=== Provided entries ===

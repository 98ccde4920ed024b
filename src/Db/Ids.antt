-- ===== src/Db/Ids.antt =====
-- The ids of discs: `fmt.Sprintf("%s:%04d", prefix, n)`.
use varis.Base.{
  ℕ, zero, suc, ◌+◌, ◌-◌, ◌*◌, ◌/◌, ◌%◌, ◌<◌, ◌≡◌, inl, inr, refl, sym, ap, ◌∙◌, Bool-cases, [],
  ◌∷◌, ◌++◌, arith, ltb, if◌then◌else◌, Text, length, replicate,
}

-- `%d`, with a bound on the digits.
unfoldable pub decimal_digits : ℕ → ℕ → Text
decimal_digits zero n = []
decimal_digits (suc fuel) n =
    let more = decimal_digits fuel (n / 10) in
    if ltb n 10 then (n + b'0') ∷ [] else more ++ (n % 10 + b'0') ∷ []

unfoldable pub decimal : ℕ → Text
unfolding decimal_digits
decimal n = decimal_digits (suc n) n

-- `%0wd`: zeros in front, up to the width.
unfoldable pub zero_padded : ℕ → Text → Text
zero_padded width digits = replicate (width - length digits) b'0' ++ digits

unfoldable pub format_disk_id : Text → ℕ → Text
unfolding zero_padded decimal
format_disk_id prefix n = prefix ++ b':' ∷ zero_padded 4 (decimal n)

value : ℕ → Text → ℕ
value acc [] = acc
value acc (c ∷ digits) = value (acc * 10 + (c - b'0')) digits

value_last :
    (acc : ℕ) (xs : Text) (c : ℕ) → value acc (xs ++ c ∷ []) ≡ value acc xs * 10 + (c - b'0')
unfolding value
value_last acc [] c = refl
value_last acc (x ∷ xs) c = value_last (acc * 10 + (x - b'0')) xs c

value-decimal_digits : (fuel n : ℕ) → n < fuel → value 0 (decimal_digits fuel n) ≡ n
unfolding value decimal_digits
value-decimal_digits zero n h = absurd (omega arith)
value-decimal_digits (suc fuel) n h = elim (Bool-cases (ltb n 10)) [
  | inl small ↦ rw small (omega arith)
  | inr large ↦ rw large (
      omega (
        arith,
        value_last 0 (decimal_digits fuel (n / 10)) (n % 10 + b'0'),
        value-decimal_digits fuel (n / 10) (ground arith),
      ))
]

value-replicate : (k : ℕ) (digits : Text) → value 0 (replicate k b'0' ++ digits) ≡ value 0 digits
unfolding value
value-replicate zero digits = refl
value-replicate (suc k) digits = value-replicate k digits

append-cancel_left : (p xs ys : Text) → p ++ xs ≡ p ++ ys → xs ≡ ys
append-cancel_left [] xs ys h = h
append-cancel_left (x ∷ p) xs ys h = append-cancel_left p xs ys (ap tail h)
  where
    tail : Text → Text
    tail [] = []
    tail (_ ∷ t) = t

-- Different numbers under one prefix give different ids.
pub format_disk_id-injective :
    (prefix : Text) (m n : ℕ) → format_disk_id prefix m ≡ format_disk_id prefix n → m ≡ n
unfolding format_disk_id
format_disk_id-injective prefix m n h =
    sym (number m) ∙ ap (value 0) (cc (append-cancel_left prefix _ _ h)) ∙ number n
  where
    number : (k : ℕ) → value 0 (zero_padded 4 (decimal k)) ≡ k
    number k = value-replicate _ (decimal k) ∙ value-decimal_digits (suc k) k (omega arith)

===

* **Task item**:
All the entries are to be set down exactly as they appear.

* **Output for this exercise**:
repository 98ccde4920ed024b
filename src/Db/Ids.antt
-- ===== src/Db/Ids.antt =====
-- The ids of discs: `fmt.Sprintf("%s:%04d", prefix, n)`.
use varis.Base.{
  ℕ, zero, suc, ◌+◌, ◌-◌, ◌*◌, ◌/◌, ◌%◌, ◌<◌, ◌≡◌, inl, inr, refl, sym, ap, ◌∙◌, Bool-cases, [],
  ◌∷◌, ◌++◌, arith, ltb, if◌then◌else◌, Text, length, replicate,
}

-- `%d`, with a bound on the digits.
unfoldable pub decimal_digits : ℕ → ℕ → Text
decimal_digits zero n = []
decimal_digits (suc fuel) n =
    let more = decimal_digits fuel (n / 10) in
    if ltb n 10 then (n + b'0') ∷ [] else more ++ (n % 10 + b'0') ∷ []

unfoldable pub decimal : ℕ → Text
unfolding decimal_digits
decimal n = decimal_digits (suc n) n

-- `%0wd`: zeros in front, up to the width.
unfoldable pub zero_padded : ℕ → Text → Text
zero_padded width digits = replicate (width - length digits) b'0' ++ digits

unfoldable pub format_disk_id : Text → ℕ → Text
unfolding zero_padded decimal
format_disk_id prefix n = prefix ++ b':' ∷ zero_padded 4 (decimal n)

value : ℕ → Text → ℕ
value acc [] = acc
value acc (c ∷ digits) = value (acc * 10 + (c - b'0')) digits

value_last :
    (acc : ℕ) (xs : Text) (c : ℕ) → value acc (xs ++ c ∷ []) ≡ value acc xs * 10 + (c - b'0')
unfolding value
value_last acc [] c = refl
value_last acc (x ∷ xs) c = value_last (acc * 10 + (x - b'0')) xs c

value-decimal_digits : (fuel n : ℕ) → n < fuel → value 0 (decimal_digits fuel n) ≡ n
unfolding value decimal_digits
value-decimal_digits zero n h = absurd (omega arith)
value-decimal_digits (suc fuel) n h = elim (Bool-cases (ltb n 10)) [
  | inl small ↦ rw small (omega arith)
  | inr large ↦ rw large (
      omega (
        arith,
        value_last 0 (decimal_digits fuel (n / 10)) (n % 10 + b'0'),
        value-decimal_digits fuel (n / 10) (ground arith),
      ))
]

value-replicate : (k : ℕ) (digits : Text) → value 0 (replicate k b'0' ++ digits) ≡ value 0 digits
unfolding value
value-replicate zero digits = refl
value-replicate (suc k) digits = value-replicate k digits

append-cancel_left : (p xs ys : Text) → p ++ xs ≡ p ++ ys → xs ≡ ys
append-cancel_left [] xs ys h = h
append-cancel_left (x ∷ p) xs ys h = append-cancel_left p xs ys (ap tail h)
  where
    tail : Text → Text
    tail [] = []
    tail (_ ∷ t) = t

-- Different numbers under one prefix give different ids.
pub format_disk_id-injective :
    (prefix : Text) (m n : ℕ) → format_disk_id prefix m ≡ format_disk_id prefix n → m ≡ n
unfolding format_disk_id
format_disk_id-injective prefix m n h =
    sym (number m) ∙ ap (value 0) (cc (append-cancel_left prefix _ _ h)) ∙ number n
  where
    number : (k : ℕ) → value 0 (zero_padded 4 (decimal k)) ≡ k
    number k = value-replicate _ (decimal k) ∙ value-decimal_digits (suc k) k (omega arith)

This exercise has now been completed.